The author of the book of Hebrews makes the same point, quoting Psalm 40, understanding it to be the words of Christ, rejecting the ideology of sacrifice, by which we make others suffer for our sins.  That is the vicious and paranoid response of hateful people trying to manufacture unity by positing a common enemy.  It is what evil powers have always done, and continue to do today.  Human history is strongmen keeping their power over us by warning us about those other strongmen.  
Hebrews insists that this cycle of fear and brutality has been broken by the offering of the body of Jesus Christ once for all, an offering that sanctifies us, restoring us to our created goodness and blessing in God.  The Bread of Life is an offering that extinguishes violence, removes hatred, dissolves fear, and takes away sin… that is, it burns off and allows to dissipate like fog the illusion that we are separate from God and each other.
So now when we offer this literal bread in the Sacrament, it is to remind us of the one, final offering and sacrifice made by Jesus Christ, who gives his life for the life of the world, to remind us, who are the Body of Christ, that we are now the continual offering through whom God’s life and love flow into the world.  Now we, who are in a sense, in Christ’s name, the Bread of Life, offer God’s life to others by our acts of generosity, forgiveness, welcome, protection, inclusion, non-violence, and, yes, sacrifice.
So maybe the church is Bethlehem; maybe the church is the House of Bread, for it is here that the Bread of Life, Jesus Christ and his teachings, are shared.  It is here that Christ is born into human hearts.  There is that great quote from Meister Eckhart to the effect that unless Christ is born in us, it doesn’t matter whether he was physically born in the historical Bethlehem.  That’s why we have been concluding our worship through Advent with the words of that hymn about Bethlehem: “O Holy Child of Bethlehem… be born in us today.”

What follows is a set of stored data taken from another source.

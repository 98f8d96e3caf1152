-- ===== src/Trees/Multiproof.antt =====
-- The making of a multiproof: `side_nodes` and `build_multiproof` of crates/core/src/trees/patricia.rs.
use zk_clob.Prelude.{
  ℕ, Bool, false, ◌||◌, Option, none, some, List, [], ◌∷◌, ◌++◌, any, any_pair, is_empty,
  sort_unstable, ltb, ◌==◌, if◌then◌else◌,
}
use zk_clob.Types.Batch.{PatriciaSubtree, PatriciaMultiproof}
use zk_clob.Types.Errors.{Result, ok, ◌>>=◌, ◌>>◌, fail_if, expect, invalid_state_multiproof}
use zk_clob.Hashing.{Crypto}
use zk_clob.Trees.Node.{Commitment, Node, commitment}
use zk_clob.Trees.Patricia.{PatriciaLeaf, differing_bit, selected_in, sorted, build}

-- `is_some_and(|difference| difference > depth)`
abbrev pub is_deeper : Option ℕ → ℕ → Bool
is_deeper none depth = false
is_deeper (some difference) depth = ltb depth difference

module _ (c : Crypto) (bits : ℕ) {L : Type 0} (leaves : PatriciaLeaf L) where
  -- Whether a key selects the branch, or would be inserted below it.
  abbrev pub is_affected : List ℕ → Commitment → ℕ → Bool
  is_affected keys node depth =
      selected_in c bits leaves keys node
      || any
          (λ key.
            is_deeper
              (differing_bit bits key (if ltb key node.min_key then node.min_key else node.max_key))
              depth)
          keys

  unfoldable pub side_nodes : List ℕ → Node → Result (List PatriciaSubtree)
  unfolding selected_in differing_bit
  side_nodes keys Node.empty = ok []
  side_nodes keys (Node.leaf node) =
      if selected_in c bits leaves keys node then ok [] else ok (node ∷ [])
  side_nodes keys (Node.branch node left right) =
      let of_left = side_nodes keys left in
      let of_right = side_nodes keys right in
      let both : Result (List PatriciaSubtree) = (do ls ← of_left; rs ← of_right; ok (ls ++ rs)) in
      (do
        l ← expect (commitment left)
        r ← expect (commitment right)
        depth ← expect (differing_bit bits l.max_key r.min_key)
        if is_affected keys node depth then both else ok (node ∷ []))

  -- `PatriciaMerkleTree::build_multiproof`
  unfoldable pub build_multiproof : List L → List ℕ → Result PatriciaMultiproof
  unfolding side_nodes sorted build
  build_multiproof values selected_keys = do
    fail_if (is_empty selected_keys) invalid_state_multiproof
    let keys = sort_unstable ltb selected_keys
    fail_if (any_pair ◌==◌ keys) invalid_state_multiproof
    ordered ← sorted c bits leaves values
    tree ← build c bits leaves ordered
    nodes ← side_nodes keys tree
    ok (record { leaf_keys = keys; side_nodes = nodes })
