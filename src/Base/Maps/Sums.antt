-- ===== src/Base/Maps/Sums.antt =====
-- The sum of a measure of the values of a map.
use gears.Base.Order.{Ord, cmp_self, equal_of_cmp, less_of_greater, greater_of_less}
use Prim.Native.Nat.{ℕ, ◌+◌}
use mathlib.Core.Path.{◌≡◌}
use mathlib.Core.Option.{Option, none, some}
use mathlib.Core.List.{[], ◌∷◌}
use native.Mathlib.Omega.{arith}
use gears.Base.Maps.Btree.{BtreeMap, get, insert, IsAscending, get-above, above_trans}

module _ {κ} {V : Type κ} (size : V → ℕ) where
  abbrev pub size_of : Option V → ℕ
  size_of none = 0
  size_of (some v) = size v

  abbrev pub sum {ℓ} : {K : Type ℓ} → BtreeMap K V → ℕ
  sum [] = 0
  sum ((_, v) ∷ m) = size v + sum m

module _ {ℓ κ} {K : Type ℓ} {V : Type κ} ⦃o : Ord K⦄ (size : V → ℕ) where
  pub sum-insert :
      (k : K) (v : V) (m : BtreeMap K V)
      → IsAscending m
      → sum size (insert k v m) + size_of size (get k m) ≡ sum size m + size v
  unfolding insert get
  sum-insert k v [] s = omega arith
  sum-insert k v ((j, w) ∷ m) s = ground (
    arith,
    sum-insert k v m s.1,
    equal_of_cmp k j,
    less_of_greater k j,
    greater_of_less k j,
    cmp_self k,
    get-above k m,
    above_trans k j m,
  )
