-- ===== src/Base/Maps.antt =====
-- The standard containers that the program uses. A `BTreeMap` is the list of its entries in
-- ascending order of keys, the order in which it iterates; a `HashSet` and a `HashMap` are lists in
-- an order that nothing below depends on.
mod Btree
mod Sets
mod Append
mod Sums
unfoldable pub use Btree.*
unfoldable pub use Sets.*
pub use Append.*
pub use Sums.*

For ultimately the Nativity is not just about a memory of long ago; it is most importantly a present reality, something happening now, to us here today.  It happens when we turn away from our self-importance and self-righteousness, and realize in ourselves the small, quiet, humble, simple Bethlehem of the heart, when we are ready for the world to be turned upside down, when we are ready for the coming of the One of peace.